Azure AD Application Proxy does not support WebSocket protocol
If you are familiar with Web Application Proxy in Windows Server 2012/2016, Azure AD Application Proxy should not be your surprise. Microsoft builds it to allow you to securely set up a remote access to your application which you do not want to publish over the Internet. It also helps you achieve single sign-on (SSO) as well. This is fully aligned with “mobile-first, cloud first” strategy when business users have the ability to securely access their corporate applications hosted on cloud from their mobile devices in anywhere.
Azure AD Application Proxy acts like a reverse proxy in the language of network & computer security. For any sensitive-classified system you do not allow to access directly from the Internet, a reverse proxy works to forward (don’t confuse with Forward Proxy) incoming request from the Internet to your internal system. This is very similar like what I used to do during my time working with many Government agencies.
Not too much to explain here on what Azure AD Application Proxy is and how it works since you can read here: Azure AD Application Proxy Get Started
I’ve recently involved in troubleshooting for an application called Qlik Sense Enterprise working with Azure AD Application Proxy. Qlink Sense Enterprise is supported in Azure AD and Microsoft did state that organizations are able to achieve SSO with Azure AD Application Proxy. Believe or not? The answer until comes when you practice and make it work. I had never worked with Qlik Sense Enterprise before getting engaged to look into the problem, including consultancy.

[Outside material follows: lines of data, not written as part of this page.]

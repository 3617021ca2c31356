-- ===== src/Vsock/Muxer/Heard.antt =====
-- `VsockConnection::recv_pkt`, src/devices/src/virtio/vsock/csm/connection.rs, as the muxer calls it.
use firecracker.Base.{
  ℕ, suc, zero, ◌+◌, ◌≡◌, refl, sym, ◌∙◌, true, false, not, ◌&&◌, none, some, if-keeps, if-split,
  Result, ok, err, arith, min, u32,
}
use mathlib.Core.Bool.{true≢false}
use firecracker.Vsock.TxBuf.{would_block, other}
use firecracker.Vsock.Packet.{
  io_error, invalid_access, VsockError, guest_memory_mmap, guest_memory_bounds, invalid_pkt_len,
  buf_desc_too_small, buf_desc_missing, hdr_desc_too_small, unreadable_descriptor,
  unwritable_descriptor, no_data, pkt_buf_missing, VsockPacket, GuestRegions, Source,
  read_at_offset_from,
}
use firecracker.Vsock.PendingRx.{
  PendingRx, request, response, rst, rw_data, credit_update, index, PendingRxSet, contains, without,
}
use firecracker.Vsock.PendingRx.Items.{contains-update}
use firecracker.Vsock.Connection.{
  ConnState, local_init, peer_init, established, local_closed, peer_closed, killed, VsockConnection,
  need_credit_update_from_peer, peer_avail_credit,
}
use firecracker.Vsock.Connection.Recv.{
  Received, take_pending, yield_credit, read_pkt, read_conn, data_read, read_failed, after_read,
  read_stream, yield_data, yield_first, peer_can_recv,
}
use firecracker.Vsock.Connection.Recv
use firecracker.Vsock.PendingRx.{is_empty}
use firecracker.Vsock.PendingRx.Items.{no_items-empty}
use firecracker.Vsock.Connection.{has_pending_rx}
use firecracker.Base.{ap}
use firecracker.Vsock.Muxer.Mutation.{is_local_init, is_established}
use firecracker.Vsock.Muxer.Sound.{IsSound, Pends-later, read_conn-IsSound, take_pending-IsSound}
use mathlib.Core.Option.{none-ne-some}

-- What `recv_pkt` leaves of the connection `c`: without a packet it has nothing pending, and had no
-- reset pending; and it is not established by it.
pub record IsHeard {S M : Type 0} (c : VsockConnection S) (r : Received S M) : Type 0 where
  pub sound : IsSound r.conn
  pub silent :
      r.packet ≡ none → (has_pending_rx r.conn ≡ false) × (contains rst c.pending_rx ≡ false)
  pub waits : is_local_init c.state ≡ true → is_established r.conn.state ≡ false

is_local_init-lem : (st : ConnState) → is_local_init st ≡ true → is_established st ≡ false
unfolding is_local_init is_established
is_local_init-lem local_init e = refl
is_local_init-lem peer_init e = refl
is_local_init-lem established e = sym e
is_local_init-lem local_closed e = refl
is_local_init-lem (peer_closed recv_off send_off) e = refl
is_local_init-lem killed e = refl

-- Nothing is pending but a credit update.
abbrev Bare : PendingRxSet → Type 0
Bare p =
    (contains rst p ≡ false)
    × ((contains response p ≡ false)
        × ((contains request p ≡ false) × (contains rw_data p ≡ false)))

Bare-without :
    (p : PendingRxSet) → Bare p → (it : PendingRx) → contains it (without credit_update p) ≡ false
unfolding index
Bare-without p (b, (d, (e, f))) request =
    ground (arith, e, (contains-update credit_update request p).1)
Bare-without p (b, (d, (e, f))) response =
    ground (arith, d, (contains-update credit_update response p).1)
Bare-without p (b, (d, (e, f))) rst = ground (arith, b, (contains-update credit_update rst p).1)
Bare-without p (b, (d, (e, f))) rw_data =
    ground (arith, f, (contains-update credit_update rw_data p).1)
Bare-without p b credit_update = ground (arith, (contains-update credit_update credit_update p).1)

-- Once the data is taken, too.
Bare-data :
    (p : PendingRxSet)
    → contains rst p ≡ false
    → contains response p ≡ false
    → contains request p ≡ false
    → Bare (without rw_data p)
unfolding index
Bare-data p b d e = (
  ground (arith, b, (contains-update rw_data rst p).1),
  (
    ground (arith, d, (contains-update rw_data response p).1),
    (
      ground (arith, e, (contains-update rw_data request p).1),
      ground (arith, (contains-update rw_data rw_data p).1),
    ),
  ),
)

module _ {S M R : Type 0} (source : Source S) (gr : GuestRegions M R) (now : ℕ)
    (c : VsockConnection S) (h : IsSound c) where
  abbrev Heard : Received S M → Type 0
  Heard = IsHeard c

  abbrev Waits : VsockConnection S → Type 0
  Waits c' = is_local_init c.state ≡ true → is_established c'.state ≡ false

  -- A packet.
  packet-IsHeard :
      (p : VsockPacket) (m : M) (c' : VsockConnection S)
      → IsSound c'
      → Waits c'
      → Heard (record { packet = some p; mem = m; conn = c' })
  packet-IsHeard p m c' s w = record {
    sound = s;
    silent = λ e. absurd (none-ne-some p (sym e));
    waits = w;
  }

  yield_credit-IsHeard :
      (p : VsockPacket) (m : M) (c' : VsockConnection S)
      → contains rst c.pending_rx ≡ false
      → IsSound c'
      → Waits c'
      → Bare c'.pending_rx
      → Heard (yield_credit p m c')
  unfolding yield_credit take_pending has_pending_rx
  yield_credit-IsHeard p m c' no_rst s w b =
      let gone = Bare-without c'.pending_rx b in
      let s' = take_pending-IsSound credit_update c' s in
      if-keeps Heard
        (contains credit_update c'.pending_rx
          && not (not (is_empty (without credit_update c'.pending_rx))))
        (packet-IsHeard _ m
          (record c' {
            pending_rx = without credit_update c'.pending_rx;
            last_fwd_cnt_to_peer = c'.fwd_cnt;
          })
          s' w)
        (record {
          sound = s';
          silent = λ _.
              (ap not (no_items-empty (without credit_update c'.pending_rx) s'.0 gone), no_rst);
          waits = w;
        })

  read_conn-Waits : (n : ℕ) (c' : VsockConnection S) → Waits c' → Waits (read_conn now n c')
  unfolding read_conn is_established
  read_conn-Waits zero c' w t = refl
  read_conn-Waits (suc n) c' w t = w t

  data_read-IsHeard :
      (p : VsockPacket) (m : M) (c' : VsockConnection S) (n : ℕ)
      → IsSound c'
      → Waits c'
      → Heard (data_read now p m c' n)
  unfolding data_read
  data_read-IsHeard p m c' n s w =
      let c2 = read_conn now n c' in
      packet-IsHeard _ m
        (record c2 {
          rx_cnt = u32 (c2.rx_cnt + (read_pkt p n).hdr.len);
          last_fwd_cnt_to_peer = c2.fwd_cnt;
        })
        (read_conn-IsSound now n c' s) (read_conn-Waits n c' w)

  after_read-IsHeard :
      (p : VsockPacket) (m : M) (c' : VsockConnection S) (r : Result VsockError ℕ)
      → contains rst c.pending_rx ≡ false
      → IsSound c'
      → Waits c'
      → Bare c'.pending_rx
      → Heard (after_read now p m c' r)
  unfolding after_read read_failed
  after_read-IsHeard p m c' (ok n) no_rst s w b = data_read-IsHeard p m c' n s w
  after_read-IsHeard p m c' (err (guest_memory_mmap (io_error would_block))) no_rst s w b =
      yield_credit-IsHeard p m c' no_rst s w b
  after_read-IsHeard p m c' (err (guest_memory_mmap (io_error other))) no_rst s w b =
      packet-IsHeard _ m (record c' { last_fwd_cnt_to_peer = c'.fwd_cnt }) s w
  after_read-IsHeard p m c' (err (guest_memory_mmap invalid_access)) no_rst s w b =
      packet-IsHeard _ m (record c' { last_fwd_cnt_to_peer = c'.fwd_cnt }) s w
  after_read-IsHeard p m c' (err guest_memory_bounds) no_rst s w b =
      packet-IsHeard _ m (record c' { last_fwd_cnt_to_peer = c'.fwd_cnt }) s w
  after_read-IsHeard p m c' (err (invalid_pkt_len n)) no_rst s w b =
      packet-IsHeard _ m (record c' { last_fwd_cnt_to_peer = c'.fwd_cnt }) s w
  after_read-IsHeard p m c' (err no_data) no_rst s w b =
      packet-IsHeard _ m (record c' { last_fwd_cnt_to_peer = c'.fwd_cnt }) s w
  after_read-IsHeard p m c' (err buf_desc_too_small) no_rst s w b =
      packet-IsHeard _ m (record c' { last_fwd_cnt_to_peer = c'.fwd_cnt }) s w
  after_read-IsHeard p m c' (err buf_desc_missing) no_rst s w b =
      packet-IsHeard _ m (record c' { last_fwd_cnt_to_peer = c'.fwd_cnt }) s w
  after_read-IsHeard p m c' (err (hdr_desc_too_small n)) no_rst s w b =
      packet-IsHeard _ m (record c' { last_fwd_cnt_to_peer = c'.fwd_cnt }) s w
  after_read-IsHeard p m c' (err unreadable_descriptor) no_rst s w b =
      packet-IsHeard _ m (record c' { last_fwd_cnt_to_peer = c'.fwd_cnt }) s w
  after_read-IsHeard p m c' (err unwritable_descriptor) no_rst s w b =
      packet-IsHeard _ m (record c' { last_fwd_cnt_to_peer = c'.fwd_cnt }) s w
  after_read-IsHeard p m c' (err pkt_buf_missing) no_rst s w b =
      packet-IsHeard _ m (record c' { last_fwd_cnt_to_peer = c'.fwd_cnt }) s w

  yield_data-IsHeard :
      (p : VsockPacket) (m : M)
      → contains rst c.pending_rx ≡ false
      → Bare (without rw_data c.pending_rx)
      → Heard (yield_data source gr now p m (take_pending rw_data c))
  unfolding yield_data read_stream take_pending
  yield_data-IsHeard p m no_rst b =
      let c' = record c { pending_rx = without rw_data c.pending_rx } in
      let s = take_pending-IsSound rw_data c h in
      let w = is_local_init-lem c.state in
      if-keeps Heard (peer_can_recv c.state)
        (if-keeps Heard (need_credit_update_from_peer c')
          (packet-IsHeard _ m (record c' { last_fwd_cnt_to_peer = c'.fwd_cnt }) s w)
          (let t =
              read_at_offset_from gr p m 0 source (min p.buf_size (peer_avail_credit c'))
                c'.stream in
            after_read-IsHeard p t.1.0 (record c' { stream = t.1.1 }) t.0 no_rst s w b))
        (packet-IsHeard _ m c' s w)

  pub recv_pkt-IsHeard : (pkt : VsockPacket) (m : M) → Heard (Recv.recv_pkt source gr now pkt m c)
  unfolding Recv.recv_pkt yield_first take_pending is_local_init
  recv_pkt-IsHeard pkt m =
      let w = is_local_init-lem c.state in
      if-split Heard (contains rst c.pending_rx)
        (λ _. packet-IsHeard _ m _ (take_pending-IsSound rst c h) w)
        (λ no_rst.
          if-split Heard (contains response c.pending_rx)
            (λ t.
              packet-IsHeard _ m
                (record c { state = established; pending_rx = without response c.pending_rx })
                (Pends-later c.state established (without response c.pending_rx) refl
                  (take_pending-IsSound response c h))
                (λ e. absurd (true≢false (sym t ∙ h.1 e))))
            (λ no_response.
              if-split Heard (contains request c.pending_rx)
                (λ _. packet-IsHeard _ m _ (take_pending-IsSound request c h) w)
                (λ no_request.
                  if-split Heard (contains rw_data c.pending_rx)
                    (λ _.
                      yield_data-IsHeard _ m no_rst
                        (Bare-data c.pending_rx no_rst no_response no_request))
                    (λ no_rw.
                      yield_credit-IsHeard _ m c no_rst h w
                        (no_rst, (no_response, (no_request, no_rw)))))))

The customer did not want to publish the internal Qlik Sense Enterprise web application hosted on Azure VM over the Internet. Moreover the authentication service was required to run under port 4244 due to nature of the product. That said, they wanted to have a reverse proxy acting in front-end side to reverse incoming requests from the Internet to internal web application. I don’t know the actual context in whom suggested to use Azure AD Application Proxy in this case. But the ideal illustration looks like this:
In this case, the requirement was to use HTTPS Windows authentication which the default port was 4244. And this is part of Qlik Sense Proxy Service (QPS) we needed to implement. Ideally Azure AD Application Proxy would reverse the incoming request (https://proxy-qlik.abc.com) to the internal QPS (https://qlik.abc.com:4244). After a few times trying to configure, the implementation was still not successful even network security group to allow all incoming requests was created. Azure AD Application Proxy did not manage to reverse to the internal Qlik Sense web application which has authentication redirection. When I came to support, I realized that Azure AD Application Proxy after I entered credential redirected to the unresolved internal web application (you would see the DNS resolution issue in your browser). Changing to use Translate URL in Header setting still did not work.
I thought of IIS URL Rewrite to make a reverse after Azure AD Application Proxy to the internal web application. Ideally when a user browses the proxy URL then enters his credential, Azure AD Application Proxy redirects to IIS URL Rewrite server before the request is written to the internal web application. The incoming request can be rewritten from port 80 to non-standard port. I’ve done several cases for government agencies with Microsoft platform (e.g SharePoint) but never implemented for Qlik Sense Enterprise. The illustration looks like this:
Setting IIS and Rewrite URL is not hard thanks to Kudu tool. Ironically in this approach, I must set up a private VPN connection from my IIS website to the Qlik Web App VM to let IIS website be able to “see” Qlik Web App VM.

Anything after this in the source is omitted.